§ ACTIVITY: Between the line containing "remove_from_queue q env" and the line containing "abbrev pub set_new_queue" lies a run of lines; give that run again exactly, with both of those lines, and nothing else from the entries below.

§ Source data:
##############################

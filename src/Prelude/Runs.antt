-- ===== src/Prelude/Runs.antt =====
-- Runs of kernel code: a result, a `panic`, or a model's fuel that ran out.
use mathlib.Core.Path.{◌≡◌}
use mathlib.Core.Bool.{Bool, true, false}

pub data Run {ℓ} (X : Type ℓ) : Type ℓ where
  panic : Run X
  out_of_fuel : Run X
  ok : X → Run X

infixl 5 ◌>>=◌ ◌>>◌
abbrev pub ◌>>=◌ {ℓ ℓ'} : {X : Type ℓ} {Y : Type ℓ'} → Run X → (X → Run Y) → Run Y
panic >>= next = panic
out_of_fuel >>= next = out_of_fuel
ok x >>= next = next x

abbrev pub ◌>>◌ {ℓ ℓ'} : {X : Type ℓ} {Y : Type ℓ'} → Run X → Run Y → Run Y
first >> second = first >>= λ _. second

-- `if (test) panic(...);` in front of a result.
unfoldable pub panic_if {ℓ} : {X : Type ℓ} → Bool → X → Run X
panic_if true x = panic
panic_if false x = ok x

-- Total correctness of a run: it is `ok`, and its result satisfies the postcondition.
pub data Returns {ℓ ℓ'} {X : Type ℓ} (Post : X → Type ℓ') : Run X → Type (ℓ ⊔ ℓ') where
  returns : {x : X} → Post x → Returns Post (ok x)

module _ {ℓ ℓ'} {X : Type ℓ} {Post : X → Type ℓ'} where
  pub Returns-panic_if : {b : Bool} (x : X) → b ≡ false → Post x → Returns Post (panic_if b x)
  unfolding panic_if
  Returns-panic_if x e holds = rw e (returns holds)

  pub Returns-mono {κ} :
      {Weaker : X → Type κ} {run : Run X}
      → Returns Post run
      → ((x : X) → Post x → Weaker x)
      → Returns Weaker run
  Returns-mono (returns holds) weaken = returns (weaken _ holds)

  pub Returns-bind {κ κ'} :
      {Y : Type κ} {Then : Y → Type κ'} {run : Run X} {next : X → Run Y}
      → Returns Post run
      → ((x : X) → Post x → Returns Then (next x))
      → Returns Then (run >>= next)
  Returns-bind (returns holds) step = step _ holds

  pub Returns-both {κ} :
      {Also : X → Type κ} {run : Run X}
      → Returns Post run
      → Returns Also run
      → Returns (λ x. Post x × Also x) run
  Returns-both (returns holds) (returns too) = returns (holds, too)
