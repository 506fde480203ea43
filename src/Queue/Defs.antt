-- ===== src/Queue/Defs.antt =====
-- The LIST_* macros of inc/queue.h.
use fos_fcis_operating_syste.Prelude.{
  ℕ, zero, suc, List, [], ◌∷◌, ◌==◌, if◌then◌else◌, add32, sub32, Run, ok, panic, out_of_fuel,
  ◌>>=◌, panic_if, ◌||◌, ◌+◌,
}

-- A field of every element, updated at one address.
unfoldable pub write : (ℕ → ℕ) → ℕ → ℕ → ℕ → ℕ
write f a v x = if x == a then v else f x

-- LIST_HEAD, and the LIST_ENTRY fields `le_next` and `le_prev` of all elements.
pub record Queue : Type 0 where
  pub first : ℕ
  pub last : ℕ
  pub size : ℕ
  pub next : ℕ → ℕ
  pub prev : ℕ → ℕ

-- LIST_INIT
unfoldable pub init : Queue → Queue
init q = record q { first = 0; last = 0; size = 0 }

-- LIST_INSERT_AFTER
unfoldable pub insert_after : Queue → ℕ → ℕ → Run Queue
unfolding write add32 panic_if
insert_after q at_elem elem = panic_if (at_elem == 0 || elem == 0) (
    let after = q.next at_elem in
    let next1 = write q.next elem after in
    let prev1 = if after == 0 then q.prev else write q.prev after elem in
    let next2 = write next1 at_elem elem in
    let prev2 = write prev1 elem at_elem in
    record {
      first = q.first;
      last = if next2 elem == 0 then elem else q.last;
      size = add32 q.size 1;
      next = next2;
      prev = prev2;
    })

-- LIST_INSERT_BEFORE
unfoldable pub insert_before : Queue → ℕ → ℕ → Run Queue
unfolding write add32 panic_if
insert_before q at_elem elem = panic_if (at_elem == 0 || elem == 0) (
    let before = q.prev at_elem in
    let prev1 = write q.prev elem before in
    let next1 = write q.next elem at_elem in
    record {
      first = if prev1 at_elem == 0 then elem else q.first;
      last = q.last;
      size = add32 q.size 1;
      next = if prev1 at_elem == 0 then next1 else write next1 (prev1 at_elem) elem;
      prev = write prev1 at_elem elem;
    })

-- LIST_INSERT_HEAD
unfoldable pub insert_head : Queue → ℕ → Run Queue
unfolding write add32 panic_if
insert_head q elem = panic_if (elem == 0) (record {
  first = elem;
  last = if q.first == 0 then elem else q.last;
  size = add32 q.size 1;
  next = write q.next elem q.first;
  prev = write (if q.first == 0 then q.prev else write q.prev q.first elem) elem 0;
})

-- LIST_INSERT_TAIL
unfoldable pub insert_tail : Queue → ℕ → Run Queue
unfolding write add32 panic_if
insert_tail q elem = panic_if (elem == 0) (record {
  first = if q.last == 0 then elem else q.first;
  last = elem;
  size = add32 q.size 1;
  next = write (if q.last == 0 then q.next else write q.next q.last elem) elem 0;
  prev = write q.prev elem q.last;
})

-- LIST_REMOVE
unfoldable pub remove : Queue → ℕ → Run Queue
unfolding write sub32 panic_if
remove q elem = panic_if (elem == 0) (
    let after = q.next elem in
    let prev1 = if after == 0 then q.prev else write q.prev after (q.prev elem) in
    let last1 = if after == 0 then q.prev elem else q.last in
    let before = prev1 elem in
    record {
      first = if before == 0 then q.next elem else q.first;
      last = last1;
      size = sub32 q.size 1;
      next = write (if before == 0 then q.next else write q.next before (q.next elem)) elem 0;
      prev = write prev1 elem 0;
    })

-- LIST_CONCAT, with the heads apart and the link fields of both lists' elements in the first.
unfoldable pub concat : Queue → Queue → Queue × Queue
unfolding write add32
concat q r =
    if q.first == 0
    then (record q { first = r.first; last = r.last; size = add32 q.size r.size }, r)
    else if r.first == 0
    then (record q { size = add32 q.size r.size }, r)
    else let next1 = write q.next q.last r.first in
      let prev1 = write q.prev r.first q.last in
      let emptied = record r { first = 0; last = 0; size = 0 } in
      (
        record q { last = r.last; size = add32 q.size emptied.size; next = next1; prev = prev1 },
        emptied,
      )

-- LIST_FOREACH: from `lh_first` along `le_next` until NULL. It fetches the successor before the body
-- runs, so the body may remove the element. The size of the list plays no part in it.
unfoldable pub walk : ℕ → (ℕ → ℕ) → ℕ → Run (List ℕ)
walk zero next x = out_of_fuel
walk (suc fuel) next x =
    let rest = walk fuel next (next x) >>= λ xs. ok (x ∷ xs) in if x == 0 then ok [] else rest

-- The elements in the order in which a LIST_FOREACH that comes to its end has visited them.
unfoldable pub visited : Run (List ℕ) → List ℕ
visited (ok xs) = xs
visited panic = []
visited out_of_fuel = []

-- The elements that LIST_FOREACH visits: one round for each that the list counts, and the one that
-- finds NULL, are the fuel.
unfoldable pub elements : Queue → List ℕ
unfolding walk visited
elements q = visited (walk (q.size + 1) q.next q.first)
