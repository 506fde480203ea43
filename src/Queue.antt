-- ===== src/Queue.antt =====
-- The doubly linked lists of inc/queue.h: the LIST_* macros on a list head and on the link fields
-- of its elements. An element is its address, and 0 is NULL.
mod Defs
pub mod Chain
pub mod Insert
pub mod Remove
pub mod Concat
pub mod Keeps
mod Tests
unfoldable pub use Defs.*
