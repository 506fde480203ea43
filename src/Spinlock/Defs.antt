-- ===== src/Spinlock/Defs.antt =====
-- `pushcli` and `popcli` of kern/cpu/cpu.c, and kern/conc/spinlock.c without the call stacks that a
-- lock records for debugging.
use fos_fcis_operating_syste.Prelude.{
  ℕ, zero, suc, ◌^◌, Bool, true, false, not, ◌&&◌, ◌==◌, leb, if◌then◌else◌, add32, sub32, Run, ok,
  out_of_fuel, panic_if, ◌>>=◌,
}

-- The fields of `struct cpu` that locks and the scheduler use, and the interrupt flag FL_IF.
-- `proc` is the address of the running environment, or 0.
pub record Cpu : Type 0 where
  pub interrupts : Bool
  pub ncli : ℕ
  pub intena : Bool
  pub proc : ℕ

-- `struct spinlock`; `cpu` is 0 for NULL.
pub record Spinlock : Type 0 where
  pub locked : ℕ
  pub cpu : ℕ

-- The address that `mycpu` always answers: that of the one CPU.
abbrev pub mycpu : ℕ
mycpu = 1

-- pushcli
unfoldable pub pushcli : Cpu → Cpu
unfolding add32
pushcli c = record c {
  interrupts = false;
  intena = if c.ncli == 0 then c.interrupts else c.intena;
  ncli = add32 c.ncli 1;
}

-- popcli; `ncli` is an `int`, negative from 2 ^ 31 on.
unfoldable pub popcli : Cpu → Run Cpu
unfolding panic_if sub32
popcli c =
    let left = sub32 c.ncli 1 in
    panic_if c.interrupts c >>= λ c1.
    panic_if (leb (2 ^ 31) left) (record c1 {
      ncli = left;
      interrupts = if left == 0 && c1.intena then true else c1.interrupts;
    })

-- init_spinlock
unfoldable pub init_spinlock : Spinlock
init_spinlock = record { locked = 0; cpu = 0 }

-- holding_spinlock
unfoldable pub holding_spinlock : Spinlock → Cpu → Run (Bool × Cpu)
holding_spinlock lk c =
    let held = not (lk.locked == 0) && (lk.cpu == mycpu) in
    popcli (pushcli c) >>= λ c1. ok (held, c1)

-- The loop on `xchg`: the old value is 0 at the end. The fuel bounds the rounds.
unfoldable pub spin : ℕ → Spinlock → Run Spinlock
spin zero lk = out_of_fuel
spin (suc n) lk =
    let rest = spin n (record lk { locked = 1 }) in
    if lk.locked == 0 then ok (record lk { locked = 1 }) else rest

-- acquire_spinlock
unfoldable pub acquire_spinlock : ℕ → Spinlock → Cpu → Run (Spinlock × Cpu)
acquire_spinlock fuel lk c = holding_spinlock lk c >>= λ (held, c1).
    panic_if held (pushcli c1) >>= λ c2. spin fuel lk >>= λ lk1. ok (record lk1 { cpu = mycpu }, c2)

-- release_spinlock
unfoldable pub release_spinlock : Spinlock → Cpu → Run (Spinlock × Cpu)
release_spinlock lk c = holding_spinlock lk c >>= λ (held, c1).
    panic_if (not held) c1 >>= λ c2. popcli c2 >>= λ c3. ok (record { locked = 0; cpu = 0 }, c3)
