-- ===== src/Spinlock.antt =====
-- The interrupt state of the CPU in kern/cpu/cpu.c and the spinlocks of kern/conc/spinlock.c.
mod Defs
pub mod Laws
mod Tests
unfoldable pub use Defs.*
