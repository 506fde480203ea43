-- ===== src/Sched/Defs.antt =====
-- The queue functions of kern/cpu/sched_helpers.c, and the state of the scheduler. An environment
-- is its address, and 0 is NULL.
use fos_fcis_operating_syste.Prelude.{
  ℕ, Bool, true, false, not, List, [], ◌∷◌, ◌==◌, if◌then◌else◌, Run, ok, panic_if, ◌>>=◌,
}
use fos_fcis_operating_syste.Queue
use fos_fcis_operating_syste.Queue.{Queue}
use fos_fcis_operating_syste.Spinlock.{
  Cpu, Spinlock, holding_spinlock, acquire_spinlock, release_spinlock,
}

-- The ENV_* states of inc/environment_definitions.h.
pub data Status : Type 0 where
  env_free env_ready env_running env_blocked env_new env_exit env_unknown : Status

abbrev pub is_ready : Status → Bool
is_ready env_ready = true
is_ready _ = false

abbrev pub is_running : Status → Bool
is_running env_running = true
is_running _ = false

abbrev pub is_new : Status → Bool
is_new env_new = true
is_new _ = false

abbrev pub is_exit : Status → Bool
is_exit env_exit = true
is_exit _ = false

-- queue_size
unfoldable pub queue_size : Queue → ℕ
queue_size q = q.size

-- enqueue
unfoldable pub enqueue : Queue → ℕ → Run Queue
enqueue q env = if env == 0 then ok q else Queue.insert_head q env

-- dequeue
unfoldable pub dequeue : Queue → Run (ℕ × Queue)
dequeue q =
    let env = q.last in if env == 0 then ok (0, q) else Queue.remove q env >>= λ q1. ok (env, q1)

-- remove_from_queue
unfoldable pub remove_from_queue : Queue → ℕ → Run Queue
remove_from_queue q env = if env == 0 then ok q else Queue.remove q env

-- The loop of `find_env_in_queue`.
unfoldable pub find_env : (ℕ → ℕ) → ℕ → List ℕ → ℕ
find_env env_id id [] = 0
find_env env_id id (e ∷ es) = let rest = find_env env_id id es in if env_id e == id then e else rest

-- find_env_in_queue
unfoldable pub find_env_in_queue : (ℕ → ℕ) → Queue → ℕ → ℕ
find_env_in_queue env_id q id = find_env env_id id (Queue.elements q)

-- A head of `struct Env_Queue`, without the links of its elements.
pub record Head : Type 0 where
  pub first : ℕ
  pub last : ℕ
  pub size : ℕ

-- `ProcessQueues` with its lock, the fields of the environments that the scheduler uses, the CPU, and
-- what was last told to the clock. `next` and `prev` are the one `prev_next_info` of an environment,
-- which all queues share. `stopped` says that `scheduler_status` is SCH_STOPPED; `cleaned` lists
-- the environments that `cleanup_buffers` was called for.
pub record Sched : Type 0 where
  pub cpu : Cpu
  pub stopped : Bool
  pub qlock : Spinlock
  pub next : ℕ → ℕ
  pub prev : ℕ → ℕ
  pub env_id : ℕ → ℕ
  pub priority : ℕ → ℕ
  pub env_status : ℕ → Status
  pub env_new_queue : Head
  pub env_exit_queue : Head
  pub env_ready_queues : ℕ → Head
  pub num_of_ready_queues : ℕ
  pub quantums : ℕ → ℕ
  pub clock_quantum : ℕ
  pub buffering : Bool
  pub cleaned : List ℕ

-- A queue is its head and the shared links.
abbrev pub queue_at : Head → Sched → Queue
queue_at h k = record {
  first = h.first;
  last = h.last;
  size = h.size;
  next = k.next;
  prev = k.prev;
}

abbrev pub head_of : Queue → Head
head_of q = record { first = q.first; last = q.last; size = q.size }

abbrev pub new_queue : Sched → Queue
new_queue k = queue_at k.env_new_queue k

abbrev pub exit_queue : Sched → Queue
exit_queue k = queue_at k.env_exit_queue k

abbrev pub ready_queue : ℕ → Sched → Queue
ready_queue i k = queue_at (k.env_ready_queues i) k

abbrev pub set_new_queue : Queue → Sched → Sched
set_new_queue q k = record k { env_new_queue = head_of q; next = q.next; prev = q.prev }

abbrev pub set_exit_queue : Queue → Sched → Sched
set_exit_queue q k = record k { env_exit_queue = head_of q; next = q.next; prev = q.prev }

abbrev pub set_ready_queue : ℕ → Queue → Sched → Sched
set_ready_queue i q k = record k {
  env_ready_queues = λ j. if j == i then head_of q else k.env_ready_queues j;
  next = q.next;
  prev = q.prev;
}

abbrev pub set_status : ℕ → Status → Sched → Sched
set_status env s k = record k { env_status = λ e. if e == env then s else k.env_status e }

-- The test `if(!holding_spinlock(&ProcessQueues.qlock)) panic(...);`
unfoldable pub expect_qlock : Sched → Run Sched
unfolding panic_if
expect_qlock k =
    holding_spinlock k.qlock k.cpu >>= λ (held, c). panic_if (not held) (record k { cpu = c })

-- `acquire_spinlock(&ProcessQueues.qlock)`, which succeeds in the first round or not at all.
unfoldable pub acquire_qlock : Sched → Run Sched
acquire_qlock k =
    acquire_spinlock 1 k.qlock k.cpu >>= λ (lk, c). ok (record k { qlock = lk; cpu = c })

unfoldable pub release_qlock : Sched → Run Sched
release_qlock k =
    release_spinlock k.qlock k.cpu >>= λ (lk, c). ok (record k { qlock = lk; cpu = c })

##############################

§ THE ANSWER:
remove_from_queue q env = if env == 0 then ok q else Queue.remove q env

-- The loop of `find_env_in_queue`.
unfoldable pub find_env : (ℕ → ℕ) → ℕ → List ℕ → ℕ
find_env env_id id [] = 0
find_env env_id id (e ∷ es) = let rest = find_env env_id id es in if env_id e == id then e else rest

-- find_env_in_queue
unfoldable pub find_env_in_queue : (ℕ → ℕ) → Queue → ℕ → ℕ
find_env_in_queue env_id q id = find_env env_id id (Queue.elements q)

-- A head of `struct Env_Queue`, without the links of its elements.
pub record Head : Type 0 where
  pub first : ℕ
  pub last : ℕ
  pub size : ℕ

-- `ProcessQueues` with its lock, the fields of the environments that the scheduler uses, the CPU, and
-- what was last told to the clock. `next` and `prev` are the one `prev_next_info` of an environment,
-- which all queues share. `stopped` says that `scheduler_status` is SCH_STOPPED; `cleaned` lists
-- the environments that `cleanup_buffers` was called for.
pub record Sched : Type 0 where
  pub cpu : Cpu
  pub stopped : Bool
  pub qlock : Spinlock
  pub next : ℕ → ℕ
  pub prev : ℕ → ℕ
  pub env_id : ℕ → ℕ
  pub priority : ℕ → ℕ
  pub env_status : ℕ → Status
  pub env_new_queue : Head
  pub env_exit_queue : Head
  pub env_ready_queues : ℕ → Head
  pub num_of_ready_queues : ℕ
  pub quantums : ℕ → ℕ
  pub clock_quantum : ℕ
  pub buffering : Bool
  pub cleaned : List ℕ

-- A queue is its head and the shared links.
abbrev pub queue_at : Head → Sched → Queue
queue_at h k = record {
  first = h.first;
  last = h.last;
  size = h.size;
  next = k.next;
  prev = k.prev;
}

abbrev pub head_of : Queue → Head
head_of q = record { first = q.first; last = q.last; size = q.size }

abbrev pub new_queue : Sched → Queue
new_queue k = queue_at k.env_new_queue k

abbrev pub exit_queue : Sched → Queue
exit_queue k = queue_at k.env_exit_queue k

abbrev pub ready_queue : ℕ → Sched → Queue
ready_queue i k = queue_at (k.env_ready_queues i) k

abbrev pub set_new_queue : Queue → Sched → Sched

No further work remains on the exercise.